# I'm no longer interested in HOW this pandemic got here.



## Ronni (May 12, 2020)

You've all seen how much I post about Covid-19.  I know myself well, and so I know I research like a maniac and post the most interesting and/or informative of the things I read, because it gives me a sense of control.  It's for that same reason I wear a mask when I go out, why I sanitize and wash my hands like a maniac, why I'm staying isolated.  I'm realistic and aware enough to know that even with all that I have a limited amount of control over remaining virus free, but I'll take whatever I can get, because it eases my anxiety and lessens my stress levels.

Some folks are adamant that this virus is man made.  Some are convinced this pandemic is a government plot.  Others believe the whole thing is politically or financially motivated, and on and on.   The theories are endless, and it seems that every day I'm seeing another take, a different view, a new theory.

I've finally stopped discussing the HOW of Covid-19.  It's not that I'm not concerned about that, it's just that HOW we ended up here in the middle of a pandemic doesn't change the fact THAT HERE WE ARE.  How we got here doesn't make the virus any less lethal.  It doesn't change or refute that it's contagious, or that people are dying from it.  Lots and lots of people, in horrible, wretched, lonely ways.  There's no way to fabricate that.  It's deadly for a percentage of people who catch it, and it's EVEN MORE DEADLY for the older folks who fall victim to it.
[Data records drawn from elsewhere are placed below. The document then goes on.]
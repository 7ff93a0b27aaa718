-- ===== src/Daemon/Frame/Devices.antt =====
-- The rules of cgroups and the records of mounts leave the phase, the place and the migration alone.
use ch_vmm.Prelude.{ℕ, String, List, [], ◌∷◌, ◌++◌, Option, none, some}
use ch_vmm.Api.{Volume}
use ch_vmm.Controller.Program.{
  Answer, done, not_found, already_exists, conflict, return-Keeps, bind-Keeps, if-Keeps,
}
use ch_vmm.Daemon.{Vm, Rule, VolumeRecord, Server, Node}
use ch_vmm.Daemon.Cgroup.{
  found_numbers, numbers_of, with_process, new_manager, device_path, rule_if, volume_rules,
  set_devices,
}
use ch_vmm.Daemon.Records.{read_if, get_records, write_records, remove_records, add_record}
use ch_vmm.Daemon.Frame.{Frames, frames, get_status-Frames, call-Frames}

module _ (server : Server) (node : Node) (vm : Vm) where
  pub found_numbers-Frames : (o : Option (ℕ × ℕ)) → Frames (found_numbers server node vm o)
  unfolding found_numbers
  found_numbers-Frames none = search frames
  found_numbers-Frames (some n) = search frames

  pub numbers_of-Frames : (base : ℕ) (path : String) → Frames (numbers_of server node vm base path)
  unfolding numbers_of
  numbers_of-Frames base path = search (frames, found_numbers-Frames)

  pub with_process-Frames :
      (a : Answer) (path : String) → Frames (with_process server node vm a path)
  unfolding with_process
  with_process-Frames done path = search frames depth 12
  with_process-Frames not_found path = search frames
  with_process-Frames already_exists path = search frames
  with_process-Frames conflict path = search frames
  with_process-Frames Answer.failed path = search frames

  pub new_manager-Frames : Frames (new_manager server node vm)
  unfolding new_manager
  new_manager-Frames = search (frames, with_process-Frames)

  pub rule_if-Frames : (a : Answer) (path : String) → Frames (rule_if server node vm a path)
  unfolding rule_if
  rule_if-Frames done path = search (frames, numbers_of-Frames)
  rule_if-Frames not_found path = search frames
  rule_if-Frames already_exists path = search frames
  rule_if-Frames conflict path = search frames
  rule_if-Frames Answer.failed path = search frames

  pub volume_rules-Frames :
      (pid : ℕ) (vs : List Volume) → Frames (volume_rules server node vm pid vs)
  unfolding volume_rules
  volume_rules-Frames pid [] = search frames
  volume_rules-Frames pid (v ∷ vs) =
      let rest = volume_rules-Frames pid vs in
      if-Keeps _
        (bind-Keeps get_status-Frames (λ s. bind-Keeps (call-Frames server _) (λ a.
          bind-Keeps (rule_if-Frames a (device_path server node vm pid s v))
            (λ rules. bind-Keeps rest (λ others. return-Keeps (rules ++ others))))))
        rest

  pub set_devices-Frames : (pid : ℕ) (rs : List Rule) → Frames (set_devices server node vm pid rs)
  unfolding set_devices
  set_devices-Frames pid rs = search (frames, volume_rules-Frames)

  pub read_if-Frames : (a : Answer) → Frames (read_if server vm a)
  unfolding read_if
  read_if-Frames done = search frames
  read_if-Frames not_found = search frames
  read_if-Frames already_exists = search frames
  read_if-Frames conflict = search frames
  read_if-Frames Answer.failed = search frames

  pub get_records-Frames : Frames (get_records server vm)
  unfolding get_records
  get_records-Frames = search (frames, read_if-Frames)

  pub write_records-Frames : (rs : List VolumeRecord) → Frames (write_records server vm rs)
  unfolding write_records
  write_records-Frames rs = search frames

  pub remove_records-Frames : Frames (remove_records server vm)
  unfolding remove_records
  remove_records-Frames = search frames

  pub add_record-Frames :
      (v t : String) (rs : List VolumeRecord) → Frames (add_record server vm v t rs)
  unfolding add_record
  add_record-Frames v t rs = search (frames, write_records-Frames)
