-- ===== src/Daemon/Frame/Mounted.antt =====
-- Mounts leave the phase, the place and the migration alone.
use ch_vmm.Prelude.{ℕ, String, Bool, true, false, List, [], ◌∷◌, Option, none, some}
use ch_vmm.Api.{Volume}
use ch_vmm.Controller.Program.{
  Answer, done, not_found, already_exists, conflict, return-Keeps, bind-Keeps, then-Keeps, if-Keeps,
  option-Keeps,
}
use ch_vmm.Controller.Machine.{VolumeStatus}
use ch_vmm.Daemon.{Vm, VolumeRecord, MountInfo, Server, Node}
use ch_vmm.Daemon.Mounts.{
  status_of, is_block, exists_if, mounted_if, mounted_at, allow_device, make_node, mount_block,
  found_mount, image_source, create_if, mount_image, mount_one, mark_mounted, mount_known,
  mount_next, mount_all, mount_volumes,
}
use ch_vmm.Daemon.Umounts.{
  deny_device, umount_block, umount_image, umount_kind, umount_volume, umount_gone, keep_records,
  umount_volumes, umount_each, cleanup,
}
use ch_vmm.Daemon.Frame.{Frames, frames, panic-Frames, event-Frames, get_status-Frames, call-Frames}
use ch_vmm.Daemon.Frame.Devices.{
  numbers_of-Frames, new_manager-Frames, set_devices-Frames, get_records-Frames,
  write_records-Frames, remove_records-Frames, add_record-Frames,
}

module _ (server : Server) (node : Node) (vm : Vm) where
  pub is_block-Frames : (v : Volume) → Frames (is_block server node vm v)
  unfolding is_block
  is_block-Frames v = search frames

  exists_if-Frames : (a : Answer) → Frames (exists_if server node vm a)
  unfolding exists_if
  exists_if-Frames done = search frames
  exists_if-Frames not_found = search frames
  exists_if-Frames already_exists = search frames
  exists_if-Frames conflict = search frames
  exists_if-Frames Answer.failed = search frames

  mounted_at-Frames : (p : String) → Frames (mounted_at server node vm p)
  unfolding mounted_at mounted_if
  mounted_at-Frames p =
      bind-Keeps (call-Frames server _) (λ a. bind-Keeps (exists_if-Frames a) mounted)
    where
      mounted : (b : Bool) → Frames (mounted_if server node vm b p)
      mounted true = search frames
      mounted false = search frames

  allow_device-Frames : (m : Option ℕ) (a b : ℕ) → Frames (allow_device server node vm m a b)
  unfolding allow_device
  allow_device-Frames none a b = panic-Frames
  allow_device-Frames (some pid) a b = set_devices-Frames server node vm pid _

  make_node-Frames : (b : Bool) (t : String) (n : ℕ × ℕ) → Frames (make_node server node vm b t n)
  unfolding make_node
  make_node-Frames true t n = search frames
  make_node-Frames false t n = search frames

  mount_block-Frames :
      (v p w : String) (rs : List VolumeRecord) → Frames (mount_block server node vm v p w rs)
  unfolding mount_block
  mount_block-Frames v p w rs =
      search
        (
          frames, exists_if-Frames, numbers_of-Frames, add_record-Frames, make_node-Frames,
          new_manager-Frames, allow_device-Frames,
        )
        depth 12

  found_mount-Frames : (m : Option MountInfo) → Frames (found_mount server node vm m)
  unfolding found_mount
  found_mount-Frames none = search frames
  found_mount-Frames (some m) = search frames

  image_source-Frames : (v w : String) → Frames (image_source server node vm v w)
  unfolding image_source
  image_source-Frames v w = search (frames, found_mount-Frames) depth 14

  create_if-Frames : (b : Bool) (t : String) → Frames (create_if server node vm b t)
  unfolding create_if
  create_if-Frames true t = search frames
  create_if-Frames false t = search frames

  mount_image-Frames :
      (v p w : String) (rs : List VolumeRecord) → Frames (mount_image server node vm v p w rs)
  unfolding mount_image
  mount_image-Frames v p w rs =
      search
        (
          frames, mounted_at-Frames, image_source-Frames, add_record-Frames, exists_if-Frames,
          create_if-Frames,
        )
        depth 14

  mount_one-Frames :
      (v : Volume) (p w : String) (rs : List VolumeRecord)
      → Frames (mount_one server node vm v p w rs)
  unfolding mount_one
  mount_one-Frames v p w rs =
      search (frames, is_block-Frames, mount_block-Frames, mount_image-Frames)

  mark_mounted-Frames : (s : VolumeStatus) → Frames (mark_mounted server node vm s)
  unfolding mark_mounted
  mark_mounted-Frames s = search frames

  mount_known-Frames :
      (v : Volume) (s : VolumeStatus) (h p w : String) (rs : List VolumeRecord)
      → Frames (mount_known server node vm v s h p w rs)
  unfolding mount_known
  mount_known-Frames v s h p w rs = search (frames, mount_one-Frames, mark_mounted-Frames) depth 8

  mount_next-Frames :
      (v : Volume) (p w : String) (rs : List VolumeRecord) (o : Option VolumeStatus)
      → Frames (mount_next server node vm v p w rs o)
  unfolding mount_next
  mount_next-Frames v p w rs none = search frames
  mount_next-Frames v p w rs (some s) =
      option-Keeps s.hotplug (return-Keeps _) (λ h. mount_known-Frames v s h.pod_uid p w rs)

  mount_all-Frames :
      (vs : List Volume) (p w : String) (rs : List VolumeRecord)
      → Frames (mount_all server node vm vs p w rs)
  unfolding mount_all
  mount_all-Frames [] p w rs = search frames
  mount_all-Frames (v ∷ vs) p w rs =
      if-Keeps _
        (bind-Keeps get_status-Frames (λ s.
          bind-Keeps (mount_next-Frames v p w rs (status_of v.name s.volumes))
            (λ next. mount_all-Frames vs p next.0 next.1)))
        (mount_all-Frames vs p w rs)

  pub mount_volumes-Frames : (p w : String) → Frames (mount_volumes server node vm p w)
  unfolding mount_volumes
  mount_volumes-Frames p w = search (frames, get_records-Frames, mount_all-Frames)

  deny_device-Frames : (m : Option ℕ) (n : ℕ × ℕ) → Frames (deny_device server node vm m n)
  unfolding deny_device
  deny_device-Frames none n = search frames
  deny_device-Frames (some pid) n = set_devices-Frames server node vm pid _

  umount_block-Frames : (b : Bool) (r : VolumeRecord) → Frames (umount_block server node vm b r)
  unfolding umount_block
  umount_block-Frames false r = search frames
  umount_block-Frames true r =
      search (frames, numbers_of-Frames, new_manager-Frames, deny_device-Frames) depth 10

  umount_image-Frames : (r : VolumeRecord) → Frames (umount_image server node vm r)
  unfolding umount_image
  umount_image-Frames r = search (frames, mounted_at-Frames) depth 10

  umount_kind-Frames : (a : Answer) (r : VolumeRecord) → Frames (umount_kind server node vm a r)
  unfolding umount_kind
  umount_kind-Frames done r = search (frames, exists_if-Frames, umount_block-Frames)
  umount_kind-Frames not_found r = umount_image-Frames r
  umount_kind-Frames already_exists r = umount_image-Frames r
  umount_kind-Frames conflict r = umount_image-Frames r
  umount_kind-Frames Answer.failed r = umount_image-Frames r

  umount_volume-Frames : (r : VolumeRecord) → Frames (umount_volume server node vm r)
  unfolding umount_volume
  umount_volume-Frames r = search (frames, umount_kind-Frames)

  umount_gone-Frames : (rs : List VolumeRecord) → Frames (umount_gone server node vm rs)
  unfolding umount_gone
  umount_gone-Frames [] = search frames
  umount_gone-Frames (r ∷ rs) = bind-Keeps get_status-Frames (λ s.
      if-Keeps _ (bind-Keeps (umount_gone-Frames rs) (λ rest. return-Keeps _))
        (bind-Keeps (umount_volume-Frames r) (λ _. umount_gone-Frames rs)))

  keep_records-Frames : (rs : List VolumeRecord) → Frames (keep_records server node vm rs)
  unfolding keep_records
  keep_records-Frames [] = remove_records-Frames server node vm
  keep_records-Frames (r ∷ rs) = write_records-Frames server node vm _

  pub umount_volumes-Frames : Frames (umount_volumes server node vm)
  unfolding umount_volumes
  umount_volumes-Frames =
      search (frames, get_records-Frames, umount_gone-Frames, keep_records-Frames)

  umount_each-Frames : (rs : List VolumeRecord) → Frames (umount_each server node vm rs)
  unfolding umount_each
  umount_each-Frames [] = search frames
  umount_each-Frames (r ∷ rs) =
      then-Keeps (umount_volume-Frames r) (then-Keeps (event-Frames _) (umount_each-Frames rs))

  pub cleanup-Frames : Frames (cleanup server node vm)
  unfolding cleanup
  cleanup-Frames = search (frames, get_records-Frames, umount_each-Frames, remove_records-Frames)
I'm done with the WHY.  At this point I'll go so far as to say I don't even CARE about the why.  The virus is here.  It's a fact.  It's not made up.  It's not going away any time soon.

It's killing people, and I don't intend to be one of them.


----------



## Lee (May 12, 2020)

I am interested in "how" it got started for the simple reason that until the reason is known there will always be idiots like Bryan Adams throwing his ridiculous theory out there on Instagram creating more racist attitudes.


----------



## RadishRose (May 12, 2020)

I understand what you're saying @Ronni. Although I am still interested in how it began, the importance of it has lessened. The horror now facing us and the world commands most of my concern.


----------



## Ronni (May 12, 2020)

Lee said:


> I am interested in "how" it got started for the simple reason that until the reason is known there will always be idiots like Bryan Adams throwing his ridiculous theory out there on Instagram creating more racist attitudes.


Even after the reason is known, there will still be unbelievers, folks who challenge the why, people who insist on forwarding an agenda completely non-responsive to the situation.

It's not that I'm arguing with you, because I am a STRONG supporter of the why of things.  I do it with my own health.  I don't just treat my symptoms and go on about life.  Nope. I want to know why.  How come I have that symptom, where does it come from, what causes it, and what can I do to eliminate the cause so that I don't have that symptom any more.  

I'm like the about most things in life.  Screw the symptom, the issue, the problem, let's get to the root cause of why it's there, and eliminate THAT.  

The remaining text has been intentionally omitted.